» **Task details**
Your task is to transcribe the entries exactly.

» **Task data**
-- ===== src/Store/ProcessedEvents.antt =====
-- The `processed_events` table of src/feishu_dify_gateway/store.py: which events are claimed, which
-- are done.
use feishu_dify_gateway.Base.{ℕ, Bool, ◌&&◌, is_some}
use feishu_dify_gateway.Text.{Text, same}
use feishu_dify_gateway.Table.{find, insert_or_ignore, upsert, delete_where}
use feishu_dify_gateway.Store.Rows.{EventStatus, EventRow, StateStore, is_processing}

-- The row that an INSERT writes.
abbrev pub event_row : Text → EventStatus → ℕ → EventRow
event_row event_id status now = record { event_id = event_id; status = status; created_at = now }

module _ (s : StateStore) (event_id : Text) where
  unfoldable pub is_processed : Bool
  is_processed = is_some (find EventRow.event_id event_id s.processed_events)

  unfoldable pub claim_event : (now : ℕ) → Bool × StateStore
  claim_event now =
      let (t, inserted) =
        insert_or_ignore EventRow.event_id (event_row event_id EventStatus.processing now)
          s.processed_events in
      (inserted, record s { processed_events = t })

  unfoldable pub mark_processed : EventStatus → (now : ℕ) → StateStore
  mark_processed status now = record s {
    processed_events =
        upsert EventRow.event_id (event_row event_id status now)
          (λ old. record old { status = status }) s.processed_events;
  }

  unfoldable pub release_event : StateStore
  unfolding is_processing
  release_event = record s {
    processed_events =
        delete_where (λ row. same row.event_id event_id && is_processing row.status)
          s.processed_events;
  }
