-- ===== src/Tests/Service.antt =====
-- Runs of the service (src/feishu_dify_gateway/service.py).
use feishu_dify_gateway.Base.{
  ◌+◌, ◌≤◌, ◌≡◌, refl, ◌≢◌, true, false, none, some, List, [], ◌∷◌, ◌++◌, arith, if◌then◌else◌, All,
  length, inr, ◌⊎◌,
}
use feishu_dify_gateway.Store.{
  StateStore, AdministrativeCommunicationLedgerEntry, administrative_communication_for,
  communication_row, DeliveryLedgerEntry, event_row, EventStatus, EventRow, DeliveryStatus,
  delivery_for, delivering_row, claim_event, mark_delivery_confirmed, mark_processed,
  begin_delivery,
}
use feishu_dify_gateway.Service.Communications.{send_administrative_communication}
use feishu_dify_gateway.Table.{find, insert_or_ignore, upsert, update}
use feishu_dify_gateway.Service.Alerts.Batch.{IsTaken, deliver_alerts_complete}
use feishu_dify_gateway.Service.Commands.Allowed.{Plans, command_or_chat-IsAllowed}
use feishu_dify_gateway.Service.Monad.{Environment, Send, World, failed, SendOutcome}
use feishu_dify_gateway.Models.{
  Alert, AlertmanagerPayload, AdministrativeCommunicationRequest, AcceptedResponse, Notification,
  AlertStatus, NotificationSource, Severity, NotificationStatus, NotificationAcceptedResponse,
}
use feishu_dify_gateway.Service.Communications.Once.{
  communication_send, Reports, communication_new, communication_replay,
}
use feishu_dify_gateway.Service.Communications.AtMostOnce.{
  sends_for, Call, is_recorded, communication_at_most_once,
}
use feishu_dify_gateway.Text.{
  Text, strip, same, codes, lstrip, rstrip, is_space, starts_with, is_ascii,
}
use feishu_dify_gateway.Store.Claims.{claim_of}
use feishu_dify_gateway.Errors.{Exn, ok, gateway, raised}
use feishu_dify_gateway.Service.Split.Chunks.{Splits, split_text-Splits}
use feishu_dify_gateway.Service.Sending.{empty_message, is_retryable, send_chunks}
use feishu_dify_gateway.Service.Alerts.{
  deliver_alerts, alert_key, alert_material, format_alert, get_or,
}
use feishu_dify_gateway.Service.Notifications.{
  deliver_notification, notification_key, confirmed_response,
}
use feishu_dify_gateway.Service.Commands.{
  command_or_chat, control_plane_command, control_plane_action, split_once, first_word, post,
  decided_by_feishu,
}
use feishu_dify_gateway.Service.Notifications.Outcomes.{
  Delivers, deliver_notification-Delivers, deliver_notification_once, deliver_notification_gives_up,
  deliver_notification_replay,
}
use feishu_dify_gateway.Service.Notifications.Reply.{duplicate, AnswersDuplicate, given_up}
use feishu_dify_gateway.Service.Split.{split_text, split_loop, split_at, rfind}
use feishu_dify_gateway.Table.Laws.{HasUniqueKeys}
use feishu_dify_gateway.Service.Attempt.{attempt}
use feishu_dify_gateway.Text.Decimal.{decimal}
use feishu_dify_gateway.Service.Sending.Sends.{
  OnlySends, SendsMessage, send_chunks-SendsPrefix, send_chunks-OnlySends,
}
use feishu_dify_gateway.Service.Monad.{accepted}
use feishu_dify_gateway.Service.Sending.{send_split, send_from}
use feishu_dify_gateway.Service.Notifications.{notification_message}
use feishu_dify_gateway.Service.Chat.{chat_key, handle_feishu_text}
use feishu_dify_gateway.Service.Chat.Handling.{Answers, handle_feishu_text-Answers}
use feishu_dify_gateway.Service.Synthetic.{synthetic_id, prepare_synthetic_notification}
use feishu_dify_gateway.Service.Synthetic.Prepared.{
  nothing_sent, prepare_synthetic_notification-prepared,
}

» **Response box**
-- ===== src/Store/ProcessedEvents.antt =====
-- The `processed_events` table of src/feishu_dify_gateway/store.py: which events are claimed, which
-- are done.
use feishu_dify_gateway.Base.{ℕ, Bool, ◌&&◌, is_some}
use feishu_dify_gateway.Text.{Text, same}
use feishu_dify_gateway.Table.{find, insert_or_ignore, upsert, delete_where}
use feishu_dify_gateway.Store.Rows.{EventStatus, EventRow, StateStore, is_processing}

-- The row that an INSERT writes.
abbrev pub event_row : Text → EventStatus → ℕ → EventRow
event_row event_id status now = record { event_id = event_id; status = status; created_at = now }

module _ (s : StateStore) (event_id : Text) where
  unfoldable pub is_processed : Bool
  is_processed = is_some (find EventRow.event_id event_id s.processed_events)

  unfoldable pub claim_event : (now : ℕ) → Bool × StateStore
  claim_event now =
      let (t, inserted) =
        insert_or_ignore EventRow.event_id (event_row event_id EventStatus.processing now)
          s.processed_events in
      (inserted, record s { processed_events = t })

  unfoldable pub mark_processed : EventStatus → (now : ℕ) → StateStore
  mark_processed status now = record s {
    processed_events =
        upsert EventRow.event_id (event_row event_id status now)
          (λ old. record old { status = status }) s.processed_events;
  }

  unfoldable pub release_event : StateStore
  unfolding is_processing
  release_event = record s {
    processed_events =
        delete_where (λ row. same row.event_id event_id && is_processing row.status)
          s.processed_events;
  }
-- ===== src/Tests/Service.antt =====
-- Runs of the service (src/feishu_dify_gateway/service.py).
use feishu_dify_gateway.Base.{
  ◌+◌, ◌≤◌, ◌≡◌, refl, ◌≢◌, true, false, none, some, List, [], ◌∷◌, ◌++◌, arith, if◌then◌else◌, All,
  length, inr, ◌⊎◌,
}
use feishu_dify_gateway.Store.{
  StateStore, AdministrativeCommunicationLedgerEntry, administrative_communication_for,
  communication_row, DeliveryLedgerEntry, event_row, EventStatus, EventRow, DeliveryStatus,
  delivery_for, delivering_row, claim_event, mark_delivery_confirmed, mark_processed,
  begin_delivery,
}
use feishu_dify_gateway.Service.Communications.{send_administrative_communication}
use feishu_dify_gateway.Table.{find, insert_or_ignore, upsert, update}
use feishu_dify_gateway.Service.Alerts.Batch.{IsTaken, deliver_alerts_complete}
use feishu_dify_gateway.Service.Commands.Allowed.{Plans, command_or_chat-IsAllowed}
use feishu_dify_gateway.Service.Monad.{Environment, Send, World, failed, SendOutcome}
use feishu_dify_gateway.Models.{
  Alert, AlertmanagerPayload, AdministrativeCommunicationRequest, AcceptedResponse, Notification,
  AlertStatus, NotificationSource, Severity, NotificationStatus, NotificationAcceptedResponse,
}
use feishu_dify_gateway.Service.Communications.Once.{
  communication_send, Reports, communication_new, communication_replay,
}
use feishu_dify_gateway.Service.Communications.AtMostOnce.{
  sends_for, Call, is_recorded, communication_at_most_once,
}
use feishu_dify_gateway.Text.{
  Text, strip, same, codes, lstrip, rstrip, is_space, starts_with, is_ascii,
}
use feishu_dify_gateway.Store.Claims.{claim_of}
use feishu_dify_gateway.Errors.{Exn, ok, gateway, raised}
use feishu_dify_gateway.Service.Split.Chunks.{Splits, split_text-Splits}
use feishu_dify_gateway.Service.Sending.{empty_message, is_retryable, send_chunks}
use feishu_dify_gateway.Service.Alerts.{
  deliver_alerts, alert_key, alert_material, format_alert, get_or,
}
use feishu_dify_gateway.Service.Notifications.{
  deliver_notification, notification_key, confirmed_response,
}
use feishu_dify_gateway.Service.Commands.{
  command_or_chat, control_plane_command, control_plane_action, split_once, first_word, post,
  decided_by_feishu,
}
use feishu_dify_gateway.Service.Notifications.Outcomes.{
  Delivers, deliver_notification-Delivers, deliver_notification_once, deliver_notification_gives_up,
  deliver_notification_replay,
}
use feishu_dify_gateway.Service.Notifications.Reply.{duplicate, AnswersDuplicate, given_up}
use feishu_dify_gateway.Service.Split.{split_text, split_loop, split_at, rfind}
use feishu_dify_gateway.Table.Laws.{HasUniqueKeys}
use feishu_dify_gateway.Service.Attempt.{attempt}
use feishu_dify_gateway.Text.Decimal.{decimal}
use feishu_dify_gateway.Service.Sending.Sends.{
  OnlySends, SendsMessage, send_chunks-SendsPrefix, send_chunks-OnlySends,
}
use feishu_dify_gateway.Service.Monad.{accepted}
use feishu_dify_gateway.Service.Sending.{send_split, send_from}
use feishu_dify_gateway.Service.Notifications.{notification_message}
use feishu_dify_gateway.Service.Chat.{chat_key, handle_feishu_text}
use feishu_dify_gateway.Service.Chat.Handling.{Answers, handle_feishu_text-Answers}
use feishu_dify_gateway.Service.Synthetic.{synthetic_id, prepare_synthetic_notification}
use feishu_dify_gateway.Service.Synthetic.Prepared.{
  nothing_sent, prepare_synthetic_notification-prepared,
}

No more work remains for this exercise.